What needs to be done: Transcribe, word for word and with nothing extra, the line containing "unfolding update_block_keeper_set_from_common_section" and each line that comes after it in the entries.

Source data:

- Opening Delimiter -

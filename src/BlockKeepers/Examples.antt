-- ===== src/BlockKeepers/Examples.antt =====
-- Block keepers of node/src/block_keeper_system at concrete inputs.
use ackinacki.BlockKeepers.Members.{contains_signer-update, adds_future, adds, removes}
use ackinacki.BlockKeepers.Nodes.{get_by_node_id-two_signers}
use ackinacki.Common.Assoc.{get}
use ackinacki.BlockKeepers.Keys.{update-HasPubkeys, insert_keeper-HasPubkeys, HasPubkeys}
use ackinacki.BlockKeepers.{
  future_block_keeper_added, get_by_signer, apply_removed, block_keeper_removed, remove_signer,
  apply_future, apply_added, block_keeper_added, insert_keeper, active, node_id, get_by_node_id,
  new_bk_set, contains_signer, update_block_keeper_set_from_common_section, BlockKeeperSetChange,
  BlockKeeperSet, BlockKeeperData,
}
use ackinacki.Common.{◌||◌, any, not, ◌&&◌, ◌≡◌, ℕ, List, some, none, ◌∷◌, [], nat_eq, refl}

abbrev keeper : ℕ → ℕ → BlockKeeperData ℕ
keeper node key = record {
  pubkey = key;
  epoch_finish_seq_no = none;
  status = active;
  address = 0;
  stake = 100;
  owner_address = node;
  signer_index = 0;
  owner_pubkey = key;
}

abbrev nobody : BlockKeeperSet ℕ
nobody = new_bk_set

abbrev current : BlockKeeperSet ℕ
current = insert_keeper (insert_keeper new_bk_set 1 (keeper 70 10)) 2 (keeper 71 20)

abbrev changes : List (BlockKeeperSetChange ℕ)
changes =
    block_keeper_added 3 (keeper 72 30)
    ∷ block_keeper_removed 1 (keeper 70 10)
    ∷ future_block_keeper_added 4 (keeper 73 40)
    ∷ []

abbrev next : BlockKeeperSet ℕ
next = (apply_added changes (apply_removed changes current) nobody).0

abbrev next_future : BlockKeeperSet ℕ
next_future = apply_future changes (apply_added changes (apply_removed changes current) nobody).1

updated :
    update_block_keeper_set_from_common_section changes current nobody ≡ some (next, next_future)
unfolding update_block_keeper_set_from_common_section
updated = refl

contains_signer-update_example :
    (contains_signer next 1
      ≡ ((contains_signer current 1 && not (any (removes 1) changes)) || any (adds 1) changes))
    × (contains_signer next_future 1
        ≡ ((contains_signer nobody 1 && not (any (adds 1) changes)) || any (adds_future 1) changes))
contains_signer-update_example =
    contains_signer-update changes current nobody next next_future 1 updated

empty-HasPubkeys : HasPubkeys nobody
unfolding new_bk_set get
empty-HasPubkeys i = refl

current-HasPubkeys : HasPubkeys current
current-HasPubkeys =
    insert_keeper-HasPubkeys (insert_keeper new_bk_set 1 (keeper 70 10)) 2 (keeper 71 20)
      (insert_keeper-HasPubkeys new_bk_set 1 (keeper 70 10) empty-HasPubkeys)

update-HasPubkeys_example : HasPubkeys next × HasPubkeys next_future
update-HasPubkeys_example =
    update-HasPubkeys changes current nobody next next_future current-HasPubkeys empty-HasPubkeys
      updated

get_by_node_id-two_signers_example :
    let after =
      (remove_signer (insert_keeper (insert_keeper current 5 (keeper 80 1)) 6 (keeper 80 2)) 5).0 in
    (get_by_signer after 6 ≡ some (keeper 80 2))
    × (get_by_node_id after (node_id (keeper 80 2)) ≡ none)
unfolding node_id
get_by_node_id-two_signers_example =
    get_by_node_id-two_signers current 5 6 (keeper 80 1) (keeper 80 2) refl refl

- Closing Delimiter -

Finished task:
unfolding update_block_keeper_set_from_common_section
updated = refl

contains_signer-update_example :
    (contains_signer next 1
      ≡ ((contains_signer current 1 && not (any (removes 1) changes)) || any (adds 1) changes))
    × (contains_signer next_future 1
        ≡ ((contains_signer nobody 1 && not (any (adds 1) changes)) || any (adds_future 1) changes))
contains_signer-update_example =
    contains_signer-update changes current nobody next next_future 1 updated

empty-HasPubkeys : HasPubkeys nobody
unfolding new_bk_set get
empty-HasPubkeys i = refl

current-HasPubkeys : HasPubkeys current
current-HasPubkeys =
    insert_keeper-HasPubkeys (insert_keeper new_bk_set 1 (keeper 70 10)) 2 (keeper 71 20)
      (insert_keeper-HasPubkeys new_bk_set 1 (keeper 70 10) empty-HasPubkeys)

update-HasPubkeys_example : HasPubkeys next × HasPubkeys next_future
update-HasPubkeys_example =
    update-HasPubkeys changes current nobody next next_future current-HasPubkeys empty-HasPubkeys
      updated

get_by_node_id-two_signers_example :
    let after =
      (remove_signer (insert_keeper (insert_keeper current 5 (keeper 80 1)) 6 (keeper 80 2)) 5).0 in
    (get_by_signer after 6 ≡ some (keeper 80 2))
    × (get_by_node_id after (node_id (keeper 80 2)) ≡ none)
unfolding node_id
get_by_node_id-two_signers_example =
    get_by_node_id-two_signers current 5 6 (keeper 80 1) (keeper 80 2) refl refl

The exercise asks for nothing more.